### Given data:
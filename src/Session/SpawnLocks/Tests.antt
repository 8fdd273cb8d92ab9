-- ===== src/Session/SpawnLocks/Tests.antt =====
-- Two calls for one run and one for another.
use open_covibe_web.Common.{List, [], ◌∷◌}
use open_covibe_web.Session.SpawnLocks.{
  LockAction, asks, locks, drops, gives_up, no_locks, lock_steps,
}
use open_covibe_web.Session.SpawnLocks.Exclusive.{OnePerRun, lock_steps-OnePerRun}

abbrev some_calls : List LockAction
some_calls =
    asks "a"
    ∷ asks "a"
    ∷ locks 1
    ∷ locks 0
    ∷ asks "b"
    ∷ locks 0
    ∷ drops 1
    ∷ locks 0
    ∷ gives_up 0
    ∷ []

lock_steps-OnePerRun_example : OnePerRun (lock_steps no_locks some_calls).holding
lock_steps-OnePerRun_example = lock_steps-OnePerRun some_calls
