-- ===== src/Session/Stderr/Plain.antt =====
-- src-tauri/src/agent/session_actor.rs: what `strip_ansi` leaves.
use Prim.Native.Char.{code}
use open_covibe_web.Common.{String, false, ◌≡◌, refl, arith}
use open_covibe_web.Session.Stderr.{Mode, plain, escaped, csi, is_escape, strip, strip_ansi}

-- No character of the text is ESC.
abbrev pub Plain : String → Type 0
Plain String.[] = Unit
Plain (String.◌∷◌ c s) = (is_escape (code c) ≡ false) × Plain s

strip-Plain : (m : Mode) (s : String) → Plain (strip m s)
unfolding strip
strip-Plain plain String.[] = tt
strip-Plain escaped String.[] = tt
strip-Plain csi String.[] = tt
strip-Plain plain (String.◌∷◌ c s) = ground (arith, strip-Plain plain s, strip-Plain escaped s)
strip-Plain escaped (String.◌∷◌ c s) =
    ground (arith, strip-Plain plain s, strip-Plain escaped s, strip-Plain csi s)
strip-Plain csi (String.◌∷◌ c s) = ground (arith, strip-Plain plain s, strip-Plain csi s)

strip-id : (s : String) → Plain s → strip plain s ≡ s
unfolding strip
strip-id String.[] h = refl
strip-id (String.◌∷◌ c s) h = ground (arith, strip-id s h.1)

-- What `strip_ansi` leaves has no ESC character, and stripping it again changes nothing.
pub strip_ansi-Plain :
    (s : String) → Plain (strip_ansi s) × (strip_ansi (strip_ansi s) ≡ strip_ansi s)
unfolding strip_ansi
strip_ansi-Plain s = (strip-Plain plain s, strip-id (strip plain s) (strip-Plain plain s))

### Your assignment:
Considering each line of the records on its own, count those that contain "false" and give only that number.

### Output below:
2